The striking fact is the spontaneous nature of this kind of differentiation of VSELs into oocyte-like structures. No additional growth factors are added to the medium to induce differentiation of oocyte-like structures. It appears that the VSELs in the OSE scra**s are pre-programmed to differentiate into oocytes. This is indeed facilitated by the epithelial cells which form a bed of fibroblasts and were present in close association with the differentiating stem cells.

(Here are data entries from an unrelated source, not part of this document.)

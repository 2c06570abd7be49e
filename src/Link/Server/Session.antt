-- ===== src/Link/Server/Session.antt =====
-- link/server.go: LinkService, the handlers of a session. Each answers with a response or an error,
-- and the server it leaves. `bearer` is the Authorization header.
pub mod Effects
pub mod Codes
use rook_host.Base.{
  ℕ, Option, none, some, Bool, not, ◌||◌, ◌&&◌, List, ◌∷◌, length, ltb, if◌then◌else◌,
}
use rook_host.Base.Bytes.{Bytes, codes, is_empty, has_prefix, trim_prefix}
use rook_host.Base.Time.{Time}
use rook_host.Base.Result.{Result, ok, err}
use rook_host.Crypto.{Crypto}
use rook_host.Projection.Text.{trim_space}
use rook_host.Projection.Command.{valid_answer, valid_command, max_ask_id_len}
use rook_host.Projection.Digest
use rook_host.Registry
use rook_host.Registry.Book.{cap_status_read, cap_session_read, cap_agent_answer, cap_agent_command}
use rook_host.Registry.Storage.{JsonCodec}
use rook_host.Base.Disk.{Fault}
use rook_host.Link.Wire.{Timestamppb, StatusMsg, DigestMsg, CommandKind, DispositionCode}
use rook_host.Link.Convert.{status_to_proto, digest_to_proto}
use rook_host.Link.Convert.Enums.{kind_from_proto, disposition_to_proto}
use rook_host.Link.Errors.{
  LinkError, no_token, bad_token, not_allowed, invalid, no_digests, no_session_id, no_digest,
  no_panes, bad_pane_session, pane_source_failed,
}
use rook_host.Link.Tokens
use rook_host.Link.Hub
use rook_host.Link.PaneHub
use rook_host.Link.Server.{Server, Host, Effect, Outcome, answer, execute}

abbrev pub bearer_prefix : Bytes
bearer_prefix = codes "Bearer link-"

-- authorize: the device that the header's token names, if it may do this.
unfoldable pub authorize : Server → Bytes → Bytes → Time → Result LinkError Bytes × Server
authorize s bearer capability now =
    if not (has_prefix bearer bearer_prefix)
    then (err no_token, s)
    else let (id, tokens') = Tokens.resolve s.tokens (trim_prefix bearer bearer_prefix) now in
      let s' = record s { tokens = tokens' } in
      if is_empty id then (err bad_token, s') else elim (Registry.allowed s.reg id capability) [
        | err e ↦ (err (not_allowed e), s')
        | ok _ ↦ (ok id, s')
      ]

-- `if err != nil { return err }` after authorize.
abbrev pub authorized :
    {A : Type 0}
    → Server
    → Bytes
    → Bytes
    → Time
    → (Server → Bytes → Result LinkError A × Server)
    → Result LinkError A × Server
authorized s bearer capability now body =
    let (result, s') = authorize s bearer capability now in
    elim result [ err e ↦ (err e, s') | ok id ↦ body s' id ]

pub record StatusResponse : Type 0 where
  pub status : StatusMsg
  pub seq : ℕ

pub record AnswerResponse : Type 0 where
  pub disposition : DispositionCode
  pub note : Bytes

pub record CommandResponse : Type 0 where
  pub command_id : Bytes
  pub disposition : DispositionCode
  pub note : Bytes

pub record AnswerRequest : Type 0 where
  pub ask_id : Bytes
  pub text : Bytes

pub record CommandRequest : Type 0 where
  pub kind : CommandKind
  pub session_id : Bytes
  pub workspace : Bytes
  pub prompt : Bytes

-- GetStatus
unfoldable pub get_status :
    Timestamppb → Server → Bytes → Time → Result LinkError StatusResponse × Server
get_status tpb s bearer now = authorized s bearer cap_status_read now λ s' id.
    let (cur, at, seq) = Hub.snapshot s'.hub in
    (ok (record { status = status_to_proto tpb cur at; seq = seq }), s')

-- WatchStatus, up to its loop: the subscription with the opening send.
unfoldable pub watch_status : Server → Bytes → Bool → Time → Result LinkError (Unit {0}) × Server
watch_status s bearer delivered now =
    authorized s bearer cap_status_read now
      λ s' id. (ok tt, record s' { hub = Hub.subscribe s'.hub id delivered })

-- len(sessionID) is from 1 to 128.
abbrev pub bad_session_id : Bytes → Bool
bad_session_id id = is_empty id || ltb max_ask_id_len (length id)

-- GetDigest
unfoldable pub get_digest :
    Timestamppb → Host → Server → Bytes → Bytes → Time → Result LinkError DigestMsg × Server
get_digest tpb host s bearer session_id now = authorized s bearer cap_session_read now λ s' id.
    elim host.digests [
      | none ↦ (err no_digests, s')
      | some digest_for ↦
          if bad_session_id session_id
          then (err no_session_id, s')
          else elim (digest_for session_id) [
            | none ↦ (err no_digest, s')
            | some d ↦ (ok (digest_to_proto tpb (Digest.clamp d)), s')
          ]
    ]

module _ (json : JsonCodec) (host : Host) where
  -- s.exec
  abbrev pub perform : Server → Effect → Outcome × Server
  perform s e = (host.exec s.effects e, record s { effects = e ∷ s.effects })

  -- s.reg.Touch
  abbrev pub touch : Server → Bytes → Time → Fault → Server
  touch s id now fault = record s { reg = Registry.touch json s.reg id now fault }

  -- SubmitAnswer
  unfoldable pub submit_answer :
      Server
      → Bytes
      → AnswerRequest
      → Time
      → Time
      → Time
      → Fault
      → Result LinkError AnswerResponse × Server
  submit_answer s bearer m now validated_at touched_at fault =
      authorized s bearer cap_agent_answer now λ s' id.
        elim (valid_answer m.ask_id m.text validated_at) [
          | err e ↦ (err (invalid e), s')
          | ok a ↦
              let (out, s'') = perform s' (answer a) in
              (
                ok (record { disposition = disposition_to_proto out.disposition; note = out.note }),
                touch s'' id touched_at fault,
              )
        ]

  -- SubmitCommand
  unfoldable pub submit_command :
      Server
      → Bytes
      → CommandRequest
      → Time
      → Time
      → Time
      → Fault
      → Result LinkError CommandResponse × Server
  submit_command s bearer m now validated_at touched_at fault =
      authorized s bearer cap_agent_command now λ s' id.
        elim (valid_command (kind_from_proto m.kind) m.session_id m.workspace m.prompt
          validated_at) [
            | err e ↦ (err (invalid e), s')
            | ok c ↦
                let (out, s'') = perform s' (execute c) in
                (
                  ok (record {
                    command_id = c.id;
                    disposition = disposition_to_proto out.disposition;
                    note = out.note;
                  }),
                  touch s'' id touched_at fault,
                )
          ]

-- WatchPane, up to its loop; `opens` says whether the source's Open succeeds.
unfoldable pub watch_pane :
    Host → Server → Bytes → Bytes → Bool → Bool → Time → Result LinkError (Unit {0}) × Server
watch_pane host s bearer session_id opens delivered now =
    authorized s bearer cap_session_read now λ s' id.
      let session = trim_space session_id in
      if not host.has_panes
      then (err no_panes, s')
      else if bad_session_id session
      then (err bad_pane_session, s')
      else let panes' = PaneHub.subscribe s'.panes id session opens delivered in
        let refused = not (PaneHub.source_is_open session s'.panes) && not opens in
        (if refused then err pane_source_failed else ok tt, record s' { panes = panes' })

Similarly the isolated OSCs also undergo spontaneous differentiation into oocytes in culture [25, 43, 80]. Parte et al. [81] have shown that ovarian cortical tissue slices besides being a source of primordial follicles are also an excellent source of stem cells that spontaneously differentiate into oocyte-like structures after 3 weeks culture. Evidently the reason for this spontaneous differentiation of VSELs into oocyte-like structures is that the VSELs closely resemble PGCs (Table 1 and Figure 1).
Conclusions
It may be possible to obtain human gametes provided efficient and directed differentiation of ES or iPS cells into PGCs is achieved. But this may not be mandatory since emerging literature suggests that PGCs persist as a sub-population of VSELs along with SSCs in testis and OSCs in ovary. Similar to the PGCs, VSELs are quiescent in nature, do not expand in culture like ES or iPS cells and throughout life serve as a backup pool and give rise to SSCs/OSCs which undergo clonal expansion, meiosis and further differentiation to produce haploid gametes. Ovarian VSELs respond to FSH via FSHR3 and spontaneously differentiate into oocyte-like structures in vitro during OSE culture. Similar in vitro culture studies are ongoing in our lab using testicular VSELs. More studies are required to further substantiate the potential of VSELs and their ability to differentiate into gametes. We propose that rather than the existing concept of in vitro differentiation of stem cells into oocytes and sperm for assisted reproduction, it would be ideal to manipulate VSELs that survive oncotherapy in vivo to achieve restoration of gonadal function (since they exist in menopausal/ POF ovary and also in azoospermic human testis).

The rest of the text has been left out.